Saved data entries:
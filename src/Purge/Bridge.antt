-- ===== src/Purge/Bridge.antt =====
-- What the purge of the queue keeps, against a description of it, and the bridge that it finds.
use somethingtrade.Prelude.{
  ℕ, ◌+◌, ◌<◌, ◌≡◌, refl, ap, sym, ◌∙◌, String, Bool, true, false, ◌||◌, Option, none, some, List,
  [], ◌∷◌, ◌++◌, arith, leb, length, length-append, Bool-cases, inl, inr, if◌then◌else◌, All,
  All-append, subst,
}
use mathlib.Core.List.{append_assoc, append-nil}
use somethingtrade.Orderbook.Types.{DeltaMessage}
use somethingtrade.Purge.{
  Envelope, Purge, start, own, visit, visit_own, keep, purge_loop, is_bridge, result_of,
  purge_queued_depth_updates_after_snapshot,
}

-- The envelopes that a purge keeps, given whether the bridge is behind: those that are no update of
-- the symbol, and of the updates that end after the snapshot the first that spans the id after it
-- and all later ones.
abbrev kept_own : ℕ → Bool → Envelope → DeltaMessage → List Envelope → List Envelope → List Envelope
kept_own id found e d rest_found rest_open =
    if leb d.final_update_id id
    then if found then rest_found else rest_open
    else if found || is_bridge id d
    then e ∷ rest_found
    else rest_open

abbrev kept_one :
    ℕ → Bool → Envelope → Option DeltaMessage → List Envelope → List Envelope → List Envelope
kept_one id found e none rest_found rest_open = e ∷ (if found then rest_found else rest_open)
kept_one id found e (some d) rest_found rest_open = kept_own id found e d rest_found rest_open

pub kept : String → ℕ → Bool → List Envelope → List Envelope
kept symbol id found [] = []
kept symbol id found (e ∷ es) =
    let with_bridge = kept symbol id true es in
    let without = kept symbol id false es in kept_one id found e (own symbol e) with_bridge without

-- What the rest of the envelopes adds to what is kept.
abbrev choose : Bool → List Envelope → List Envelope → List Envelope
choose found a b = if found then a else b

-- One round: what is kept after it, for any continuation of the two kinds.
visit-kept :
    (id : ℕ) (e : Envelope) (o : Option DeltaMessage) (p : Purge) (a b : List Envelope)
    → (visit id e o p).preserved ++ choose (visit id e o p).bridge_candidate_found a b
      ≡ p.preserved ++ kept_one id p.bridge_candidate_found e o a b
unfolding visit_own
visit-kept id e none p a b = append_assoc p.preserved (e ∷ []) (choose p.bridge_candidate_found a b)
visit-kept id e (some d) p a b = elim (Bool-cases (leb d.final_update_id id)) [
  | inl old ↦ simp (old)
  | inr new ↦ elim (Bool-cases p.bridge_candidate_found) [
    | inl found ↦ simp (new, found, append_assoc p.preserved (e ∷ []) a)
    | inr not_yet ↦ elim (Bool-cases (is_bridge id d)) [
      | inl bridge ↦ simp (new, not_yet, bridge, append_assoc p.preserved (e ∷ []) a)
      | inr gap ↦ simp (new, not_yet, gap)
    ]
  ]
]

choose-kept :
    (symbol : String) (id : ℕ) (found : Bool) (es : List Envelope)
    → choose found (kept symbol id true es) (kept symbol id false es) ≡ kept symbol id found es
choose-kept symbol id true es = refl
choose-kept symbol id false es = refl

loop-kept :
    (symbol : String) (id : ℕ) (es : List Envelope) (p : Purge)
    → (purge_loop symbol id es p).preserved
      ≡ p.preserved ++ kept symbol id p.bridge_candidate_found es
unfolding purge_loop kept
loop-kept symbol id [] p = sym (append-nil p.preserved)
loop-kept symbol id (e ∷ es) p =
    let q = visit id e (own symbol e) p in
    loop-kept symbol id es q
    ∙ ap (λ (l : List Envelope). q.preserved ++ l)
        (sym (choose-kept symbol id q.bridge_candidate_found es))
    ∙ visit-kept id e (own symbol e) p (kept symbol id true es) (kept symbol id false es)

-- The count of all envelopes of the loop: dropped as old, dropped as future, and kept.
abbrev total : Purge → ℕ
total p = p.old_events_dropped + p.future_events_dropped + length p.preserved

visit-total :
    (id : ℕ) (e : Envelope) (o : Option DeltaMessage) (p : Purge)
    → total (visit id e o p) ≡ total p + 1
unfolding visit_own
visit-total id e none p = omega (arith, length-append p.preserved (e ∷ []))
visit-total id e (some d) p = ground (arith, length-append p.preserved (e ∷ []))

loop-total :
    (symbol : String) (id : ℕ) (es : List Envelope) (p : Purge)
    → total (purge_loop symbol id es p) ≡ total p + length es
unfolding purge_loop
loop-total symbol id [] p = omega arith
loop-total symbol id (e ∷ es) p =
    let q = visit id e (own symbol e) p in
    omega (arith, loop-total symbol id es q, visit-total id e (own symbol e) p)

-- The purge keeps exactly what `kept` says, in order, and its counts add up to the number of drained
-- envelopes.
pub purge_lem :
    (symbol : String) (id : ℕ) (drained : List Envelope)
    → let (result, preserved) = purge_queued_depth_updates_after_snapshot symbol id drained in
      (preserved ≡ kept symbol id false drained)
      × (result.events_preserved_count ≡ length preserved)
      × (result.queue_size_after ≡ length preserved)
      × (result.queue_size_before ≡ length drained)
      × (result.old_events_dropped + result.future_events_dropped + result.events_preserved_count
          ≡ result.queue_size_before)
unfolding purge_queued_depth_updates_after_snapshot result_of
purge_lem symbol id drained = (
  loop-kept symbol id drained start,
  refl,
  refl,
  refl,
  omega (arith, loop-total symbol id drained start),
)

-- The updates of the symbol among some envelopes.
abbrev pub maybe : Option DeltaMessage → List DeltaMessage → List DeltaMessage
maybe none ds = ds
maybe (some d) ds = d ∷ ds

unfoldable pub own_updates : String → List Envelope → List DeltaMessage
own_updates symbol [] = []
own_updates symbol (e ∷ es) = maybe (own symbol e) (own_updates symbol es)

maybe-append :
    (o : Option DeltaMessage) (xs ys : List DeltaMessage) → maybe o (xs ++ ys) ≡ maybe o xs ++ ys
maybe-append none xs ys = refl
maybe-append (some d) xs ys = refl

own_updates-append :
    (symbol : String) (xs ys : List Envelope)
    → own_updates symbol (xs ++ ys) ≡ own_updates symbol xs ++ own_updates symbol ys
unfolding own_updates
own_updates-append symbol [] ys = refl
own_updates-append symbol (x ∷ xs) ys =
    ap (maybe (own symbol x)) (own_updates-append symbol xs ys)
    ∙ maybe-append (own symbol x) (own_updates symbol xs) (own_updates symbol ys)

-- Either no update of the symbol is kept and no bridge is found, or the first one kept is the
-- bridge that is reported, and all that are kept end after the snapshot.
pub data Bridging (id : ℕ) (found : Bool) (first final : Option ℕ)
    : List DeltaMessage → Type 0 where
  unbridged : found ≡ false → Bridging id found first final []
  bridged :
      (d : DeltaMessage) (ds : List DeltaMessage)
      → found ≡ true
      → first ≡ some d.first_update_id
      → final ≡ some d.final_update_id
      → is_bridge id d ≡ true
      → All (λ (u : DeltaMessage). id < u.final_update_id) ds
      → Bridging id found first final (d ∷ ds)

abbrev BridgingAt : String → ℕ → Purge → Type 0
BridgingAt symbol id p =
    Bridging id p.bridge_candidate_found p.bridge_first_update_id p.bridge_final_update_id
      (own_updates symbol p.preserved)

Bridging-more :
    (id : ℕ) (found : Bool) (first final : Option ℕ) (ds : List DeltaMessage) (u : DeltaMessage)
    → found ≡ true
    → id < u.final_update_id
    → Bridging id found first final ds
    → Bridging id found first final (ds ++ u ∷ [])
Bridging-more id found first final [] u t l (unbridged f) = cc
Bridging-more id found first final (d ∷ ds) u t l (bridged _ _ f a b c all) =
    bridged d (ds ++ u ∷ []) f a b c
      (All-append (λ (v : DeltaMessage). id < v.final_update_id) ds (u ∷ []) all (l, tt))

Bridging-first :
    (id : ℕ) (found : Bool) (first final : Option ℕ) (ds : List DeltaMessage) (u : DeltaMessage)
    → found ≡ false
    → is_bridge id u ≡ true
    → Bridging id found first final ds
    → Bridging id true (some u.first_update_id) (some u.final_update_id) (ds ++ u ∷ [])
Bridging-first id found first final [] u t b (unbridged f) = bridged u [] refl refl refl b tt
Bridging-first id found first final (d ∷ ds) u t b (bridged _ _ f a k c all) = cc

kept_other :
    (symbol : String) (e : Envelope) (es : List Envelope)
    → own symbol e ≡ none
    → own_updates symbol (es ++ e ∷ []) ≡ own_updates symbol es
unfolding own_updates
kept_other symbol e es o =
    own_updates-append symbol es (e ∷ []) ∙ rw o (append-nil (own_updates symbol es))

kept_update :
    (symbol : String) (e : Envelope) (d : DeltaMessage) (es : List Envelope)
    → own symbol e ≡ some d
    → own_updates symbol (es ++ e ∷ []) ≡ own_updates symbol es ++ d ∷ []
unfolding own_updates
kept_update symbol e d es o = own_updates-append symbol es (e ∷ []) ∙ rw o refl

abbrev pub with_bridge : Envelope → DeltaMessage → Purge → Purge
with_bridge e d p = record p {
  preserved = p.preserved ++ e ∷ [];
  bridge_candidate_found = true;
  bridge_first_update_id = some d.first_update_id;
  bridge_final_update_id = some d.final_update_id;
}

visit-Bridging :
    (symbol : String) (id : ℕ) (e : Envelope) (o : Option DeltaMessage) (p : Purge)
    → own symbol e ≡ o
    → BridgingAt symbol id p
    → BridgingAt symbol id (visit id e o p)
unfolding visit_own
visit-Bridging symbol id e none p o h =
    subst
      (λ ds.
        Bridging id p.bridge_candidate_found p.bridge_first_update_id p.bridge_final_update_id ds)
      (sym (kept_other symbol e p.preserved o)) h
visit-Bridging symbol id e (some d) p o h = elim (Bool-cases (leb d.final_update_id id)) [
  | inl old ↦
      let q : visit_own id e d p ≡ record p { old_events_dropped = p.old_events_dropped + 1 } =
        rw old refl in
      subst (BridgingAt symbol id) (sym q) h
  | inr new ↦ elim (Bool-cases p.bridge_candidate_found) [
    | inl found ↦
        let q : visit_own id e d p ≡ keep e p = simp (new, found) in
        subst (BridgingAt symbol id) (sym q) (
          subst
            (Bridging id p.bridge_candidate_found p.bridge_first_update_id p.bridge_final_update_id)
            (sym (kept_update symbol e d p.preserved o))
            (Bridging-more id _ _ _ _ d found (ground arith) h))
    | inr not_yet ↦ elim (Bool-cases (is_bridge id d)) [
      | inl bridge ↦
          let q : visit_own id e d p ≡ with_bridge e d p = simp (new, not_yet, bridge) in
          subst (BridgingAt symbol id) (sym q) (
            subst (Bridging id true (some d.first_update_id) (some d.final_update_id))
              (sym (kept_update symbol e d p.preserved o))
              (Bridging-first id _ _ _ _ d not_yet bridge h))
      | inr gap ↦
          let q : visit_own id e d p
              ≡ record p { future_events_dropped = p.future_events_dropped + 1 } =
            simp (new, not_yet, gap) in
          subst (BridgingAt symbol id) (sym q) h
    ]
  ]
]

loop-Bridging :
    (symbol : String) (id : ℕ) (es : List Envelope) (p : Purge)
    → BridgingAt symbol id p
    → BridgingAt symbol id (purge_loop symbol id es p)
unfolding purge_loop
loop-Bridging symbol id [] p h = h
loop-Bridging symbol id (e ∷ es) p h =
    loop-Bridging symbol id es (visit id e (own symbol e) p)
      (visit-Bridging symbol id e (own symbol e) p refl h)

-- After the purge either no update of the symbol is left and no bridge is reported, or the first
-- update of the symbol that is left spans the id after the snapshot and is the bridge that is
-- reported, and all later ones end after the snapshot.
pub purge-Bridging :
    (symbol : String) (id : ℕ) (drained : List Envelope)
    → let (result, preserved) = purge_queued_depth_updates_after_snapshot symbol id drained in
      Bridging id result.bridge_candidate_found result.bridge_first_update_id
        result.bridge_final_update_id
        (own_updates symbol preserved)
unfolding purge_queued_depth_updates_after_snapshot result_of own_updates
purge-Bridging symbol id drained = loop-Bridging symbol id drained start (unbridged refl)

---

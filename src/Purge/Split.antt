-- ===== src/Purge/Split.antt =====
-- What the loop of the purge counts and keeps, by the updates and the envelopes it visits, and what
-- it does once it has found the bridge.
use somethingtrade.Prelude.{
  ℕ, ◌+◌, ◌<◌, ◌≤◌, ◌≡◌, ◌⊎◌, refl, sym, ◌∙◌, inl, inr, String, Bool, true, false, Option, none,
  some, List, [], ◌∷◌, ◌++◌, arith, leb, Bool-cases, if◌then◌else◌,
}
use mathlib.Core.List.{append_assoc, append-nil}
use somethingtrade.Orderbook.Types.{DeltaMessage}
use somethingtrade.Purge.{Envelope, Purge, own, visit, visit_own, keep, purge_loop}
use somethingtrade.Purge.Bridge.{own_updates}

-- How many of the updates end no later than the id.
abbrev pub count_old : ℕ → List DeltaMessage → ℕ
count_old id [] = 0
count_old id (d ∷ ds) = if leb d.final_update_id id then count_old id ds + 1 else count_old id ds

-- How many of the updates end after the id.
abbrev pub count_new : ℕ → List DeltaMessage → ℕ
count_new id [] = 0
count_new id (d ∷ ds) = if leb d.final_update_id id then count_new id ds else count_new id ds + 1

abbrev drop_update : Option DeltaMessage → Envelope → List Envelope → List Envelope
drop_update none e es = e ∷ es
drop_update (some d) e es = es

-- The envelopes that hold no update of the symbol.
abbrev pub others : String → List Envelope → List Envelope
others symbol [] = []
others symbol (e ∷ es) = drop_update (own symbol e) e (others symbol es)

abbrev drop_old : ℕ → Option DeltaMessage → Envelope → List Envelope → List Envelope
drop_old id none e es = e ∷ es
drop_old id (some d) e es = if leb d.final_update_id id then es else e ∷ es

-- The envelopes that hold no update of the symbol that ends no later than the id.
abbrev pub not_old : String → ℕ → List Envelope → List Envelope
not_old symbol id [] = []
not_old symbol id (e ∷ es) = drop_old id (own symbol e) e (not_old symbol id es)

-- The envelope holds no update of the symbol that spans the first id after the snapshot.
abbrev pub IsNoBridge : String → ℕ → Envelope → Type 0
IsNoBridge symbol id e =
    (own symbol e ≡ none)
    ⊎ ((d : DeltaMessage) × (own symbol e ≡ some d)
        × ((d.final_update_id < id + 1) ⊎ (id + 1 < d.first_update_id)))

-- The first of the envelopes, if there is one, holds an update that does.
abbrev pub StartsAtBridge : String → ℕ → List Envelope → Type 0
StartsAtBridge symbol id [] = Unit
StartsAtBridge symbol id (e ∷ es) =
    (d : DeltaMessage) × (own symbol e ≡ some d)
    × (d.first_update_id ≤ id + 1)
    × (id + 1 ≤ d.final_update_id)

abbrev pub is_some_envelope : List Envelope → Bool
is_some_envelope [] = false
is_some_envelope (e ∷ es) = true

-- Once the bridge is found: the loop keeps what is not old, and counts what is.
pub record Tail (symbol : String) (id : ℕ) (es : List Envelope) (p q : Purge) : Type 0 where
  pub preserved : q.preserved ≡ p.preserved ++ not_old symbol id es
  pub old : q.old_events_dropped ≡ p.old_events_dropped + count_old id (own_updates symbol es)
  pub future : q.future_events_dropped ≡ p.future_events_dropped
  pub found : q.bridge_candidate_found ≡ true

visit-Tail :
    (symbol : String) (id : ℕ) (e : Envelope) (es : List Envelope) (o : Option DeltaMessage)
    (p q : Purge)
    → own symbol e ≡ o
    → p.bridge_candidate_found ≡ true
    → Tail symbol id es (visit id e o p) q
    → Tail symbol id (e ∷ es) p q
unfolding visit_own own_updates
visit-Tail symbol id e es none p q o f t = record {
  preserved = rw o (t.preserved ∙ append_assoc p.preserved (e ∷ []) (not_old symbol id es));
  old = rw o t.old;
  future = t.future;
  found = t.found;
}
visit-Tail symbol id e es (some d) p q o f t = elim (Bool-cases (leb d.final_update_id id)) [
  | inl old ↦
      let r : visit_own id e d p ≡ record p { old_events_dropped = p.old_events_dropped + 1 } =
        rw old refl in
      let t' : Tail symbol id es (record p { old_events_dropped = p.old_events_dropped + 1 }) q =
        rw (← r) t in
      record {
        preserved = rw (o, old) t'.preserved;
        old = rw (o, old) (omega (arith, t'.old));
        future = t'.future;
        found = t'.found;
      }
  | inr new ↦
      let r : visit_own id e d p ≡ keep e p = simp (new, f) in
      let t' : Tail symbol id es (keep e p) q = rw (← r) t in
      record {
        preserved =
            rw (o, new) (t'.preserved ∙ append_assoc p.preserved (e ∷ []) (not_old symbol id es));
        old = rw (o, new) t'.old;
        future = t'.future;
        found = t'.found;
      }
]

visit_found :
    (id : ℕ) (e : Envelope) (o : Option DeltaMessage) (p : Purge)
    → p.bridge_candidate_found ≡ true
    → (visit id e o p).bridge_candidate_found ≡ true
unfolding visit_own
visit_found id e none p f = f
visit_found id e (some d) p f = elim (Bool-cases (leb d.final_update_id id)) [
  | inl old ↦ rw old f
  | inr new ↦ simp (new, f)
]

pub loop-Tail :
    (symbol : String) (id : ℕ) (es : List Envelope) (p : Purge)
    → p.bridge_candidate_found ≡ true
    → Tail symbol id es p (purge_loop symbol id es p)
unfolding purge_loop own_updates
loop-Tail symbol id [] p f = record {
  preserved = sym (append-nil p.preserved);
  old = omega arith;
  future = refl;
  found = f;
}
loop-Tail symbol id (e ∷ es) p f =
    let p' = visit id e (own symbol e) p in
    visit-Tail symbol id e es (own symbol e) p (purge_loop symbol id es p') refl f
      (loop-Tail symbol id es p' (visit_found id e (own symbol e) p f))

==

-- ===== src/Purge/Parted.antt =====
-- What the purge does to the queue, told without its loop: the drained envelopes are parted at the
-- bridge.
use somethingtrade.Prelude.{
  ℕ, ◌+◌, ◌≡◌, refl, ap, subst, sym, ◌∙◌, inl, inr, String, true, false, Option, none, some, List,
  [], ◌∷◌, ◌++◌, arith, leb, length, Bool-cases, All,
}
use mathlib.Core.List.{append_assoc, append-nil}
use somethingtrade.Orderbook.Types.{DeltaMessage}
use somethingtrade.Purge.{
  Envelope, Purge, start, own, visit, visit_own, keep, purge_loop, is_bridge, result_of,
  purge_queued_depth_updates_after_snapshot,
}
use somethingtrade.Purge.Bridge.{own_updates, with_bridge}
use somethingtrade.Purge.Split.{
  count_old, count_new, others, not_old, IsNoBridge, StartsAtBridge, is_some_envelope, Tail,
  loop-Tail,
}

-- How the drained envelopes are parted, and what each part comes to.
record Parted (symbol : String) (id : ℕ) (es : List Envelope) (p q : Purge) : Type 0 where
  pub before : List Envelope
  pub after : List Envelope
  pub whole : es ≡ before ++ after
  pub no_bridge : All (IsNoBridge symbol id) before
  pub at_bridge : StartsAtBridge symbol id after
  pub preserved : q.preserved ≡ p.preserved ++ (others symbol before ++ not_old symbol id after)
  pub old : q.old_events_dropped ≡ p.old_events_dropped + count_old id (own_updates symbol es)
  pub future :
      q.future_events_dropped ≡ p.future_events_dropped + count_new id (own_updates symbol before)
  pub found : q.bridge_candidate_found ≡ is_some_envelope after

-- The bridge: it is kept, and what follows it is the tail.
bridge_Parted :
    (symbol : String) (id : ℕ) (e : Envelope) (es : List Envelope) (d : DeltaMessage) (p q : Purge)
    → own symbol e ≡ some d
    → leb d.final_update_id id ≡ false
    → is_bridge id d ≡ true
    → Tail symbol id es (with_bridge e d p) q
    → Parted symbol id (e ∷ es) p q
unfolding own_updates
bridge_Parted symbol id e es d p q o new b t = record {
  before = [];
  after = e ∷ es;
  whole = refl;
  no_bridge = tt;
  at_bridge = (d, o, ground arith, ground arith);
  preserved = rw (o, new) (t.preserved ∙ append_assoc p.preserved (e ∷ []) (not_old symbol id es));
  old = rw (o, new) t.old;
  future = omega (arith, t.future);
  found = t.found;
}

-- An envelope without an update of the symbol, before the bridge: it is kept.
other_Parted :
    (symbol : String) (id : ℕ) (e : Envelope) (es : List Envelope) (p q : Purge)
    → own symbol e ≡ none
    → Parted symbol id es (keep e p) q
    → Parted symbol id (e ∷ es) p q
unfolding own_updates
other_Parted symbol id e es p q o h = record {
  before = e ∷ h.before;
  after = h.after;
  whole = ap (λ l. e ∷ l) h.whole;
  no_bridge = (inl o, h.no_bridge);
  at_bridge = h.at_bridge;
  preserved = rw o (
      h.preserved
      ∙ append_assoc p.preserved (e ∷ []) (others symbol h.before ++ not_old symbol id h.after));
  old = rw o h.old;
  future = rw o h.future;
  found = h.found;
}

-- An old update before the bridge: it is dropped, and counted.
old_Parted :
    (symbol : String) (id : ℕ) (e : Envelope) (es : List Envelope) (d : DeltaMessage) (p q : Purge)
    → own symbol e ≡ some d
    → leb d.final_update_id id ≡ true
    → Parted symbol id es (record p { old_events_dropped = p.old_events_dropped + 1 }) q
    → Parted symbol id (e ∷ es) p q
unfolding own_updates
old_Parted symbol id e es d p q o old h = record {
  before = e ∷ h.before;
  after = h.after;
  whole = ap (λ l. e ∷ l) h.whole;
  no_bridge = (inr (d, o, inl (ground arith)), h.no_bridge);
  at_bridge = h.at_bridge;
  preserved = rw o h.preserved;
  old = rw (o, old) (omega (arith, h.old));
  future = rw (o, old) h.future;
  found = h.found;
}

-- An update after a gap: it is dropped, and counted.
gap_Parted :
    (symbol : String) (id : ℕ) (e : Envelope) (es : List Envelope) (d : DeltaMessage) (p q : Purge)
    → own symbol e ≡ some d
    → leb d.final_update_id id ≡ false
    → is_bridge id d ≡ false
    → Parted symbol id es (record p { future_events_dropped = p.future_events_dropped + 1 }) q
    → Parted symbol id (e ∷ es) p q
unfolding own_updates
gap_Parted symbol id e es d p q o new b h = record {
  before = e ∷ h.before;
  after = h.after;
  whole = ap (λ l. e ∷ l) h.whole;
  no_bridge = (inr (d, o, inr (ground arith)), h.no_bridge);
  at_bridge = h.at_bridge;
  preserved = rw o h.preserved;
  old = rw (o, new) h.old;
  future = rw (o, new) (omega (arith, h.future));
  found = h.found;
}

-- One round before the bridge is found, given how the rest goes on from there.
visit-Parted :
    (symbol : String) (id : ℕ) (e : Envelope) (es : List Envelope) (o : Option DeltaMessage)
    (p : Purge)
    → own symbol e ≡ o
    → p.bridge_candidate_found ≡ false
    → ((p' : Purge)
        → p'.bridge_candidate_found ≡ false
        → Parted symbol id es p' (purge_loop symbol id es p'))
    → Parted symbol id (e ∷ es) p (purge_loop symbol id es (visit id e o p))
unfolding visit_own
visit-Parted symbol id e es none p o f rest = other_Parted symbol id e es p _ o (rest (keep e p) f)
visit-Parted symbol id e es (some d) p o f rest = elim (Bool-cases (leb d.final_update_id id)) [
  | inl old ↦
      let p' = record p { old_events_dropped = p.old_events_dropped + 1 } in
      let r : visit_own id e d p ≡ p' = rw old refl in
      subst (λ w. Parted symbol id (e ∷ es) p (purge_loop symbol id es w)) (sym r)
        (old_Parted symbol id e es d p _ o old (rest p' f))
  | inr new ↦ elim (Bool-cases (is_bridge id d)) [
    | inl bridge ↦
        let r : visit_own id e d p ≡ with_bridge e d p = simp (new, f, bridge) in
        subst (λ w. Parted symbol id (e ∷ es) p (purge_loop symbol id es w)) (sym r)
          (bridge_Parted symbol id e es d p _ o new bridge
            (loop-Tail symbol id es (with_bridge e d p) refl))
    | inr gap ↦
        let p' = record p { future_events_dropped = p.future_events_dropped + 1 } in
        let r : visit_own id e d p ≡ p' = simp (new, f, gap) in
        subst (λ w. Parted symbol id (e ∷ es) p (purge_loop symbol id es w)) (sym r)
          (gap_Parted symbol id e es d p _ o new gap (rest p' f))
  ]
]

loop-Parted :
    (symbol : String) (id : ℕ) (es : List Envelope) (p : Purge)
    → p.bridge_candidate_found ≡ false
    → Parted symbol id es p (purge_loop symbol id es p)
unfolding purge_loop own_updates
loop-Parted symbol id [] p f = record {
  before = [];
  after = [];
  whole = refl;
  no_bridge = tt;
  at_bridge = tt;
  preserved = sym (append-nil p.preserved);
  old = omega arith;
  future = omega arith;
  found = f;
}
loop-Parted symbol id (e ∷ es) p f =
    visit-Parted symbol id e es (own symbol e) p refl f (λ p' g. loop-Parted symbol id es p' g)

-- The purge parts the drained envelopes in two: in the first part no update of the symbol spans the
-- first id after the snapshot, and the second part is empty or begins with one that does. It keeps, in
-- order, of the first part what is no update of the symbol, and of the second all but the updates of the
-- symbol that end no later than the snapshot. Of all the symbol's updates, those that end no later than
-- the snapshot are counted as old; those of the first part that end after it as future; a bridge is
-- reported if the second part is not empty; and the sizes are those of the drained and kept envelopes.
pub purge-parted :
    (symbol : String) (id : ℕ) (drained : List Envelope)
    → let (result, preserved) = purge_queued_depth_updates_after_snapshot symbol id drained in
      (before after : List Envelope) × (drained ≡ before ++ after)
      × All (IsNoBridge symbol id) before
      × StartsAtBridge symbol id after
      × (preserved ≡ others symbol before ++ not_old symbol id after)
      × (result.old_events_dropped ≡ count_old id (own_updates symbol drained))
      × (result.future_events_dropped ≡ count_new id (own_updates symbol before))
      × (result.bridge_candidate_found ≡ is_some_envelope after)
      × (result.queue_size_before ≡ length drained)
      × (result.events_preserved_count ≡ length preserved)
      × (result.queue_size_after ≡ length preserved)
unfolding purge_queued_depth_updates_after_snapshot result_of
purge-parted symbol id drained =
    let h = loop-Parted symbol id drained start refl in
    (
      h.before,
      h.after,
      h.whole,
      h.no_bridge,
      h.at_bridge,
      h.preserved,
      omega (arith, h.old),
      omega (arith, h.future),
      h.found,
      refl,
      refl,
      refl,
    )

=== Your objective ===
From the data above, show each line that contains "without".

=== Exercise solution ===
    let without = kept symbol id false es in kept_one id found e (own symbol e) with_bridge without
-- What the purge does to the queue, told without its loop: the drained envelopes are parted at the
-- An envelope without an update of the symbol, before the bridge: it is kept.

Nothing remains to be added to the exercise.